» Assignment: Once you find the line with "pub remove-IsFewer : (k" in the entries below, return exactly every line from it through the line with "table = λ (fresh, w). (absent".

» Information supplied:
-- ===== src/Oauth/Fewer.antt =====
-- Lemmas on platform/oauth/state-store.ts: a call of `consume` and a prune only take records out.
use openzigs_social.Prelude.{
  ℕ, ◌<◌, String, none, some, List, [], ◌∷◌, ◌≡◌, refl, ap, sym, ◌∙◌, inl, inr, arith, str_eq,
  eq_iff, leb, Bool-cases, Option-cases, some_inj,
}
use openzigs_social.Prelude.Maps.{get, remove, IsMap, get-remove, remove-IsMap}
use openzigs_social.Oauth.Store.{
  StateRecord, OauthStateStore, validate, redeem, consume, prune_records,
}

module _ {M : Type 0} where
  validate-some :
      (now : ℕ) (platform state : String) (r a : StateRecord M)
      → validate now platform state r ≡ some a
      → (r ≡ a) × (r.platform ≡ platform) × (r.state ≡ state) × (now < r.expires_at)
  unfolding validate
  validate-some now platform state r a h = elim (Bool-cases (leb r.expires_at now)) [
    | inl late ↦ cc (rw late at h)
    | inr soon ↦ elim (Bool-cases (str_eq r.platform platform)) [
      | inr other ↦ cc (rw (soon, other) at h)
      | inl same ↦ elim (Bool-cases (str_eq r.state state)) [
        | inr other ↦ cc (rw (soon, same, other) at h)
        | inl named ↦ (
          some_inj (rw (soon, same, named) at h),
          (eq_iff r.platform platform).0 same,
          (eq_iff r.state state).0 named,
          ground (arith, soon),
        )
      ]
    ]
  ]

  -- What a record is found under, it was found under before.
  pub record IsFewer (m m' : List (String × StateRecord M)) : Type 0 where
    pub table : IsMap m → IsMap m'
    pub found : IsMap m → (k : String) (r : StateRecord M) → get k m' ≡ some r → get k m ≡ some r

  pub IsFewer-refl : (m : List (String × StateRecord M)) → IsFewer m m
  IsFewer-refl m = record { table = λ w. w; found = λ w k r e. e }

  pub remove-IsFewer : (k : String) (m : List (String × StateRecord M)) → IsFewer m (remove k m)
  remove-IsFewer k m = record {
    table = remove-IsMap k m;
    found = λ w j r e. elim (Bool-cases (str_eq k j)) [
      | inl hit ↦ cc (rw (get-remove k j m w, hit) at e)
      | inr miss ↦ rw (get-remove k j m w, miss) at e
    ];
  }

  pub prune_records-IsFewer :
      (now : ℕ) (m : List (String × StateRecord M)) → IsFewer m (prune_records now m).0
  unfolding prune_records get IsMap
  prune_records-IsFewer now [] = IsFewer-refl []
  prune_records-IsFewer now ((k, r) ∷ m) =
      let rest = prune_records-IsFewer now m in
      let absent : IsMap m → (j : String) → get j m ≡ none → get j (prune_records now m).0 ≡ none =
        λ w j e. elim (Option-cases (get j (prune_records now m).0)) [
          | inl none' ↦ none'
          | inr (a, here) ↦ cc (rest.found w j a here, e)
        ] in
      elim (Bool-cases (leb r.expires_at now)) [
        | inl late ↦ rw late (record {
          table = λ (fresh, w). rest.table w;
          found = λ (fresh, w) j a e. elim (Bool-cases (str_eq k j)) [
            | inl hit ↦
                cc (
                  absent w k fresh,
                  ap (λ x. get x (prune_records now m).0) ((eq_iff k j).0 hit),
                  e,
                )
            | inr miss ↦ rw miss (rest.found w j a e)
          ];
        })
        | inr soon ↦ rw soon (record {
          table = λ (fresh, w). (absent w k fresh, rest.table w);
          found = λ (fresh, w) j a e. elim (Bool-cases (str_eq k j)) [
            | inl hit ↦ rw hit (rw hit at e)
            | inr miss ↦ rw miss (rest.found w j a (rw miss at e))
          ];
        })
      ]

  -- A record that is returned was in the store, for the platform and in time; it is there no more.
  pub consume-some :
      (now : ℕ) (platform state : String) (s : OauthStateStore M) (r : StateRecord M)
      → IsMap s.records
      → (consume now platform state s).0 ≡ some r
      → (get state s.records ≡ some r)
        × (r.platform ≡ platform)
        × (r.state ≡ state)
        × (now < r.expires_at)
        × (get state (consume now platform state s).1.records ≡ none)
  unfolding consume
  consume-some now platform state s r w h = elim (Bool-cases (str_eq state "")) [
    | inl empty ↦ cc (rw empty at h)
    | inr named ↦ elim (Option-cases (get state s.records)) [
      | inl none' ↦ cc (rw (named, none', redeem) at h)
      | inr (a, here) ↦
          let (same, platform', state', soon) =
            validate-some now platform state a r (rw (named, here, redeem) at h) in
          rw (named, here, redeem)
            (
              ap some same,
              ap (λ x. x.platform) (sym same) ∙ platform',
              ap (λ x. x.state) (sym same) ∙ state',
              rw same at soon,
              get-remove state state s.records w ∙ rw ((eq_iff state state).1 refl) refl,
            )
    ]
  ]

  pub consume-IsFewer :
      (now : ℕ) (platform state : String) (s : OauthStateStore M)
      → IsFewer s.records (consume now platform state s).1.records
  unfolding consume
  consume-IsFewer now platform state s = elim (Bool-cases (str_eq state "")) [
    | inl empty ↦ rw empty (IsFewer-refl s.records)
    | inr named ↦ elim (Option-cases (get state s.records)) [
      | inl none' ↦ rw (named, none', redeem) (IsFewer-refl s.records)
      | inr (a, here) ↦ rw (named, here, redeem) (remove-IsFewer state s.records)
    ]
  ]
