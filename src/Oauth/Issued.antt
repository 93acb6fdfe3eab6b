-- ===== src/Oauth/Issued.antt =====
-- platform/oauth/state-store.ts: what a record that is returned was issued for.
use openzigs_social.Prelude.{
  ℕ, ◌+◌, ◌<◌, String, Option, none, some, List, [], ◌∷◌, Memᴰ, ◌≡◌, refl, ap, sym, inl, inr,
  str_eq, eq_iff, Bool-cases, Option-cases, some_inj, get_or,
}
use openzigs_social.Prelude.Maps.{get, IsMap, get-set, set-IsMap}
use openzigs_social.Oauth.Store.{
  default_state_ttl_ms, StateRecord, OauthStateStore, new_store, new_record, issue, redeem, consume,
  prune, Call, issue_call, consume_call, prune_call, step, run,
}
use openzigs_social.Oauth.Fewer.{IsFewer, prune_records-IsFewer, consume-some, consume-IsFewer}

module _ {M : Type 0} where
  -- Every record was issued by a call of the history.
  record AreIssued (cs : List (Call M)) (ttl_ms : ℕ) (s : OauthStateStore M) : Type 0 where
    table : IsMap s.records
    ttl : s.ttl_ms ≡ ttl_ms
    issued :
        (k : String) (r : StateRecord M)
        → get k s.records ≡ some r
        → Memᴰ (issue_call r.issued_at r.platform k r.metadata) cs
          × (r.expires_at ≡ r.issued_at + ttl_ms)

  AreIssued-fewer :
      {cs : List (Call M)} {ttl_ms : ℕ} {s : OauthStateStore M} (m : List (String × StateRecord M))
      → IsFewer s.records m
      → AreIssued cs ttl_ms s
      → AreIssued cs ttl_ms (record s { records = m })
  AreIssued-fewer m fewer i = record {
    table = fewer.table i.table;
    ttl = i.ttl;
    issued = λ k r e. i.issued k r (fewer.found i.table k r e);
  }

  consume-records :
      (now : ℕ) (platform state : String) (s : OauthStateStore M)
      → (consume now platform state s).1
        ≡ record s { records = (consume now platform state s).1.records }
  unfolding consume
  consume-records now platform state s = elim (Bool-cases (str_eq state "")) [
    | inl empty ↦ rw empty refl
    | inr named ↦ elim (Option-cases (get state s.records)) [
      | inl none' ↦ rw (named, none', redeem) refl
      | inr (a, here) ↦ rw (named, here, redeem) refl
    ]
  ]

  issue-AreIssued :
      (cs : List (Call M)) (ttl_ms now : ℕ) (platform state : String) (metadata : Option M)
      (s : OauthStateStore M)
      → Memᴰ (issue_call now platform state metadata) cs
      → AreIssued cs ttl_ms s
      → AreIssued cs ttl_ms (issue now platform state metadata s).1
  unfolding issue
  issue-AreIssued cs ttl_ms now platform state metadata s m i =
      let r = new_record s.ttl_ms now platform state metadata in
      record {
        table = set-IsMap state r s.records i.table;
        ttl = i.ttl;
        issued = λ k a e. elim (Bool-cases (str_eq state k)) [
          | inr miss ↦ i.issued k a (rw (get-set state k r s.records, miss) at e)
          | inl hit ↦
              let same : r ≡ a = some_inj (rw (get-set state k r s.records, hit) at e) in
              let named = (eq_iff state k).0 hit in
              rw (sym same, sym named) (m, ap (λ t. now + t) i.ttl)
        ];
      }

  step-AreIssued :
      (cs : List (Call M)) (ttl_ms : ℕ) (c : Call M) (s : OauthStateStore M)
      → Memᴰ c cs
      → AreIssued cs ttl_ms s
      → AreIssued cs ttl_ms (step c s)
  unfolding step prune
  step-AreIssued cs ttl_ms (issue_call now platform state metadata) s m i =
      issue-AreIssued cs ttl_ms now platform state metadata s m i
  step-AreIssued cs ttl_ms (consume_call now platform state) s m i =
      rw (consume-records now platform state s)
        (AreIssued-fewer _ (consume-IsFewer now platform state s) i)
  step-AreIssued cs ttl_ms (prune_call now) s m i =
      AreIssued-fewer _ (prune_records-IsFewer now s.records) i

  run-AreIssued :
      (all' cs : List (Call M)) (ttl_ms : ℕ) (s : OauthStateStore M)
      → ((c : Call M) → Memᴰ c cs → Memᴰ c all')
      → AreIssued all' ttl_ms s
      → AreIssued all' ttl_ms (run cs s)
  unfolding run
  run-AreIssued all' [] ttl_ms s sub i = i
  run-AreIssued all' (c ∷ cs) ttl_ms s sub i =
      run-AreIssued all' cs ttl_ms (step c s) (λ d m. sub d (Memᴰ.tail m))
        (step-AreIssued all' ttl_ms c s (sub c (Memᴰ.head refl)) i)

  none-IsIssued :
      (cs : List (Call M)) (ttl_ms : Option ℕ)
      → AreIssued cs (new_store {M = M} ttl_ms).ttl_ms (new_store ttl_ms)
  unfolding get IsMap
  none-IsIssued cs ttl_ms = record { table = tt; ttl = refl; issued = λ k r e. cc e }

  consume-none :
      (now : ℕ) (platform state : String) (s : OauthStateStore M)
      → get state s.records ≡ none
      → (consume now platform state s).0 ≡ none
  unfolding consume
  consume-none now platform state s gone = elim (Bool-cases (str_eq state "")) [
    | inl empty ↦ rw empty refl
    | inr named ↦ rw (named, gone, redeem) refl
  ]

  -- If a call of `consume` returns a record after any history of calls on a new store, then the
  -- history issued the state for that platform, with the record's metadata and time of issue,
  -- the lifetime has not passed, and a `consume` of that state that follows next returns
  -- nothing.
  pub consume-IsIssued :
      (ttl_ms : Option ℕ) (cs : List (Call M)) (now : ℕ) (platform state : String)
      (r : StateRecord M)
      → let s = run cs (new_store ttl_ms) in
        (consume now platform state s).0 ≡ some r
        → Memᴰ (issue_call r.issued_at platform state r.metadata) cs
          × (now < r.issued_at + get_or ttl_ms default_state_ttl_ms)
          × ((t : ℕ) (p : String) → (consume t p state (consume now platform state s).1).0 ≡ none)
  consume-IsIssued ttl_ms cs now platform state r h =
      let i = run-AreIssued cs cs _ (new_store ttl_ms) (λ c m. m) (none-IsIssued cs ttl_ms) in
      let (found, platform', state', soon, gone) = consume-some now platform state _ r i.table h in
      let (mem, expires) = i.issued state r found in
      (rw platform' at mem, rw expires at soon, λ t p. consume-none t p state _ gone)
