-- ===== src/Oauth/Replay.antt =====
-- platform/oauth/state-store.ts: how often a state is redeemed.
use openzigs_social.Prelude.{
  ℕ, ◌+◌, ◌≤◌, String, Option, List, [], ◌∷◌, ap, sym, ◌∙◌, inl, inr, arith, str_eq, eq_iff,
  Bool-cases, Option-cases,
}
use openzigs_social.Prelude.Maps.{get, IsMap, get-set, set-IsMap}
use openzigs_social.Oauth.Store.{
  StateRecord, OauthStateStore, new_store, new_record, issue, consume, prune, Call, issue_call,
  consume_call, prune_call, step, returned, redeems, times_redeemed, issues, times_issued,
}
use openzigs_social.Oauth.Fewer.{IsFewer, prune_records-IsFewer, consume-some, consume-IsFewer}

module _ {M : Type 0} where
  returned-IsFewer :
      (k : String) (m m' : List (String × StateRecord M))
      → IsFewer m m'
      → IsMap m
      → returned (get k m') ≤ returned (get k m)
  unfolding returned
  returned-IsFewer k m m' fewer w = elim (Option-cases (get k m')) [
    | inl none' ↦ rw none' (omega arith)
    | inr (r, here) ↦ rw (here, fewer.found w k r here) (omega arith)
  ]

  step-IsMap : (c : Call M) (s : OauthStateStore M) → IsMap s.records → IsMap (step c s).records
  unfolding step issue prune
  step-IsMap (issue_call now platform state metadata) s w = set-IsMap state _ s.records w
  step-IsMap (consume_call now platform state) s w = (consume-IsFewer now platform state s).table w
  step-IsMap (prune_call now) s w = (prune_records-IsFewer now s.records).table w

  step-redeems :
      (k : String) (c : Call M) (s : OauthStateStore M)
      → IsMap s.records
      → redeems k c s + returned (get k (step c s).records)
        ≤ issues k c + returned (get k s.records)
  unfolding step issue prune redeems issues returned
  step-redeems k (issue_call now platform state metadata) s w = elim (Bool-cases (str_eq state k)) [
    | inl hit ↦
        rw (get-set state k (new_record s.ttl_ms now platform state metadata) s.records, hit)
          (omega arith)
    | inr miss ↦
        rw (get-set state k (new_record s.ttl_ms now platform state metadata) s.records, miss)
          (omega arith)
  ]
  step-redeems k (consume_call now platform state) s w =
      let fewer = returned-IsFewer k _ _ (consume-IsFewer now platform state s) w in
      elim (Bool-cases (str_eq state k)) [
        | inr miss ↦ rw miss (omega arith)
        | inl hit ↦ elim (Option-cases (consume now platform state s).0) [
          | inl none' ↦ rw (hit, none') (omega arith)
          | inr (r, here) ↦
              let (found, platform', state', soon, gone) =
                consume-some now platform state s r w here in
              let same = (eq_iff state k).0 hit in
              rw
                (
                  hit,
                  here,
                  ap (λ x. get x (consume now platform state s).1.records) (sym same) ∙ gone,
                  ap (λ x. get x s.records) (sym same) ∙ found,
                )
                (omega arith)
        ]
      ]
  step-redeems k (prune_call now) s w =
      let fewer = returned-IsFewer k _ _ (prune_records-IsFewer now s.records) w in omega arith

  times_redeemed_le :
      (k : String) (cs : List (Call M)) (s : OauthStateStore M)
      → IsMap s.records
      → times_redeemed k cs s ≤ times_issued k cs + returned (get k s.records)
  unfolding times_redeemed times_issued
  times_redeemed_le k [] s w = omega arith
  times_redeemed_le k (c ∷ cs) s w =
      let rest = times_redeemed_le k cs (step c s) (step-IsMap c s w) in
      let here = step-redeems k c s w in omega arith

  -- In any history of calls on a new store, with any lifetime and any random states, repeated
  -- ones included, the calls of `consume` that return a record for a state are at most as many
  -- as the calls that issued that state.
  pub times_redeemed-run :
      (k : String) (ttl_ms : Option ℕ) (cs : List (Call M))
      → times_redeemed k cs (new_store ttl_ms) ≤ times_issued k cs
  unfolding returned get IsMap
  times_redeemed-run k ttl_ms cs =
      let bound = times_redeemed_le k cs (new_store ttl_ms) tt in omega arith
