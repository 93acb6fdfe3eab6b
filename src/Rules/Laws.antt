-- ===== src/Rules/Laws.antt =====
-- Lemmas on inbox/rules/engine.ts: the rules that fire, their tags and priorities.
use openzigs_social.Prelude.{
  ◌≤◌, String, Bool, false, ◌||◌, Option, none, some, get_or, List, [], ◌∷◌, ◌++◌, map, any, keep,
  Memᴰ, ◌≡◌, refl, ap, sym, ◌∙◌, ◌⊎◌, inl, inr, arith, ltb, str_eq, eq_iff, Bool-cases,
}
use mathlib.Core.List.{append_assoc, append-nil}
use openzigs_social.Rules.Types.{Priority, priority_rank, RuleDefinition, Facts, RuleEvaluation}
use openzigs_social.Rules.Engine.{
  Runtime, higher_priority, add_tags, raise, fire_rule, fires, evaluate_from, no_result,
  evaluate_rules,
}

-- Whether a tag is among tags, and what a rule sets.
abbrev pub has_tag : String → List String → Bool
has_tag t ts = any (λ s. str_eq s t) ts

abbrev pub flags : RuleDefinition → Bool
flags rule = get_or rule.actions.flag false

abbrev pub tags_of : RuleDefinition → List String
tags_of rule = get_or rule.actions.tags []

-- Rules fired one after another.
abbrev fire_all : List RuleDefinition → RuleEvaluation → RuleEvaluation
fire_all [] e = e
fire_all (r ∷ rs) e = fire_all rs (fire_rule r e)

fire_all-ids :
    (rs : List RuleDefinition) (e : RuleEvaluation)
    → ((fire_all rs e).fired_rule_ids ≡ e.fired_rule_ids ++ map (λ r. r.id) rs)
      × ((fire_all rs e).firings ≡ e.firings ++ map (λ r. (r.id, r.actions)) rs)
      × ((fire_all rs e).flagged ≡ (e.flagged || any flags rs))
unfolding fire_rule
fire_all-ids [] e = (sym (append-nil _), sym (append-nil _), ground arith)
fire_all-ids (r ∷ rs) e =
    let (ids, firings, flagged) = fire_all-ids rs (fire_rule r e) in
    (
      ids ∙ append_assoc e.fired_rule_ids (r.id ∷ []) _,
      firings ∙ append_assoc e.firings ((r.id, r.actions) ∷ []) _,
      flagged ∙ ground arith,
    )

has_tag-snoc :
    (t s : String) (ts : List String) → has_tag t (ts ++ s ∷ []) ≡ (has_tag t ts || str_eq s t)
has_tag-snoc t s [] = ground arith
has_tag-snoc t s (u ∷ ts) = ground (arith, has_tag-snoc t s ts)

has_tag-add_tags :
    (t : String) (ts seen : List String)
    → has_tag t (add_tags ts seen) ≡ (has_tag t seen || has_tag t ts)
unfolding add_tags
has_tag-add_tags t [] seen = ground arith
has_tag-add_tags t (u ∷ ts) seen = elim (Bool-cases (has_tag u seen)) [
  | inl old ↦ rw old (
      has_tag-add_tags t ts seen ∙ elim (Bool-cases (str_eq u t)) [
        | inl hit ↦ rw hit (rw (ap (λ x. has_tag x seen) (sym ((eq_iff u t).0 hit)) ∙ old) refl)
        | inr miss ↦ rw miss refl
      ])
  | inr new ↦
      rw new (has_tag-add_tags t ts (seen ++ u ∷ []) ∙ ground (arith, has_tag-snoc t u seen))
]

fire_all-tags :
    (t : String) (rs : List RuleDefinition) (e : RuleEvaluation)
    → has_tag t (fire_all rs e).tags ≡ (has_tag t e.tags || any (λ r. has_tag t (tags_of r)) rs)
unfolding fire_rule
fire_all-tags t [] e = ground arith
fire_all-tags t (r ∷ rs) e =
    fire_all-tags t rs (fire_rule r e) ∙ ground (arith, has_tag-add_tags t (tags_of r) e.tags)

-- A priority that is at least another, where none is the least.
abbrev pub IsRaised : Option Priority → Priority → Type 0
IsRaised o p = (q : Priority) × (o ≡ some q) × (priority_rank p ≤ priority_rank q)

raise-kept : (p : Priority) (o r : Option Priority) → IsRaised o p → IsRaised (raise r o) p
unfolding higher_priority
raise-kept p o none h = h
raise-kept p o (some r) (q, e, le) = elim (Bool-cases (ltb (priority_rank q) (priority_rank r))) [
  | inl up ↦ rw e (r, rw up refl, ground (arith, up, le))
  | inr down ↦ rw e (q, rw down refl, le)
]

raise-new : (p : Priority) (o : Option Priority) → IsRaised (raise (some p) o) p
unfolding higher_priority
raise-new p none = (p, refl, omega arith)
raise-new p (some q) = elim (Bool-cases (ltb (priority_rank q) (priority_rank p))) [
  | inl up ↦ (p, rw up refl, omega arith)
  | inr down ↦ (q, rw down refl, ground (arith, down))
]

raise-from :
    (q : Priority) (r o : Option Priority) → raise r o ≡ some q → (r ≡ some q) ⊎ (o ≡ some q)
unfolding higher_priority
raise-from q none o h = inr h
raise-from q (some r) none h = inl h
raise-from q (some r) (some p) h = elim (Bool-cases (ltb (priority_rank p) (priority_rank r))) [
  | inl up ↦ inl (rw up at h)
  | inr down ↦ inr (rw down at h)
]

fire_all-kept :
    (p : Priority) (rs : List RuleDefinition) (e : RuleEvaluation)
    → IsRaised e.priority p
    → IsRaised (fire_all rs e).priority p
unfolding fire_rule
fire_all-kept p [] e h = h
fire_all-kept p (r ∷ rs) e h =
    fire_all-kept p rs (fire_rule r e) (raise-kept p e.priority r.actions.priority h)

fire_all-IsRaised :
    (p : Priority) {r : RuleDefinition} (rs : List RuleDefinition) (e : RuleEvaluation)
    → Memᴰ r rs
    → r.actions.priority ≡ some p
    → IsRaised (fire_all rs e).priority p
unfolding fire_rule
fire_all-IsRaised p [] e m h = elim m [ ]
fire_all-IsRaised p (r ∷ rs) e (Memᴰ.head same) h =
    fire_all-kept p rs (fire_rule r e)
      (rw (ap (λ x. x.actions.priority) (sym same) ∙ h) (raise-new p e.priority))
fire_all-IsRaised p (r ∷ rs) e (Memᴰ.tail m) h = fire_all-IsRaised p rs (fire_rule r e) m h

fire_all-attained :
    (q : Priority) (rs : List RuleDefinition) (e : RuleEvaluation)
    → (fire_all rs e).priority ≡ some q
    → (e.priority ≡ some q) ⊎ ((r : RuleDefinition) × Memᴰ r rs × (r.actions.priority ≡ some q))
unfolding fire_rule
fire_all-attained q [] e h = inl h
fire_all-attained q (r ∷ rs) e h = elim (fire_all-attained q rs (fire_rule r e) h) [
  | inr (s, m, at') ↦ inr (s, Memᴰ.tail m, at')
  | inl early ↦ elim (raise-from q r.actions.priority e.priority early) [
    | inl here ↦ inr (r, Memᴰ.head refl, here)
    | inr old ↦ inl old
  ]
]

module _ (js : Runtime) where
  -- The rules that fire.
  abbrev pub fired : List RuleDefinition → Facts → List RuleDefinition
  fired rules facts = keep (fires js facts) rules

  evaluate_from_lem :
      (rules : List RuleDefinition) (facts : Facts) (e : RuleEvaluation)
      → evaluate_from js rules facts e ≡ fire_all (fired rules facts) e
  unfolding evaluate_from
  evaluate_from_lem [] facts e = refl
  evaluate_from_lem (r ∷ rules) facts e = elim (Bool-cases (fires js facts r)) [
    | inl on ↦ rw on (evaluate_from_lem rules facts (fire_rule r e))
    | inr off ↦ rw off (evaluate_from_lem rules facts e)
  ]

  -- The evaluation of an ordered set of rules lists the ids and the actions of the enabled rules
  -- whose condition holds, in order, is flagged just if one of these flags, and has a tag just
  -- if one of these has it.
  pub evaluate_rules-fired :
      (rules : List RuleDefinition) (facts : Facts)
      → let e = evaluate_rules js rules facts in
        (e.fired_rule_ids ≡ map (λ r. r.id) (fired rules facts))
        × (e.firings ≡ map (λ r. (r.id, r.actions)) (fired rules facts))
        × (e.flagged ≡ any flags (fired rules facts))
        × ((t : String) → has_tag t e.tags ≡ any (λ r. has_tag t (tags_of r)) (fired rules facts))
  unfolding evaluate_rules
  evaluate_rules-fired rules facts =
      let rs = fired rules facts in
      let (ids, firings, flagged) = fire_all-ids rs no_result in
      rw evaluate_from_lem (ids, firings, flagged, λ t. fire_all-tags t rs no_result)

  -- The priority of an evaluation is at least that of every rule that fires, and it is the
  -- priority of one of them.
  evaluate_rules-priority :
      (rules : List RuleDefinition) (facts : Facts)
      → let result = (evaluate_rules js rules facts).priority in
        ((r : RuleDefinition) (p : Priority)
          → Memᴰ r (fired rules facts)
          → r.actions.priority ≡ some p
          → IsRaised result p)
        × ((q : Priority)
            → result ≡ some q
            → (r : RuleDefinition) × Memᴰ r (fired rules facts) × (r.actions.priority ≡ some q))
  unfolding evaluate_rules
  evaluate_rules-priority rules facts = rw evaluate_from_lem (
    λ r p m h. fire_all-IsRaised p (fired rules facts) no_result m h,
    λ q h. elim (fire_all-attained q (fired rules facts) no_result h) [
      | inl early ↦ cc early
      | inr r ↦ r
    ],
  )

» Written reply:
  pub remove-IsFewer : (k : String) (m : List (String × StateRecord M)) → IsFewer m (remove k m)
  remove-IsFewer k m = record {
    table = remove-IsMap k m;
    found = λ w j r e. elim (Bool-cases (str_eq k j)) [
      | inl hit ↦ cc (rw (get-remove k j m w, hit) at e)
      | inr miss ↦ rw (get-remove k j m w, miss) at e
    ];
  }

  pub prune_records-IsFewer :
      (now : ℕ) (m : List (String × StateRecord M)) → IsFewer m (prune_records now m).0
  unfolding prune_records get IsMap
  prune_records-IsFewer now [] = IsFewer-refl []
  prune_records-IsFewer now ((k, r) ∷ m) =
      let rest = prune_records-IsFewer now m in
      let absent : IsMap m → (j : String) → get j m ≡ none → get j (prune_records now m).0 ≡ none =
        λ w j e. elim (Option-cases (get j (prune_records now m).0)) [
          | inl none' ↦ none'
          | inr (a, here) ↦ cc (rest.found w j a here, e)
        ] in
      elim (Bool-cases (leb r.expires_at now)) [
        | inl late ↦ rw late (record {
          table = λ (fresh, w). rest.table w;
          found = λ (fresh, w) j a e. elim (Bool-cases (str_eq k j)) [
            | inl hit ↦
                cc (
                  absent w k fresh,
                  ap (λ x. get x (prune_records now m).0) ((eq_iff k j).0 hit),
                  e,
                )
            | inr miss ↦ rw miss (rest.found w j a e)
          ];
        })
        | inr soon ↦ rw soon (record {
          table = λ (fresh, w). (absent w k fresh, rest.table w);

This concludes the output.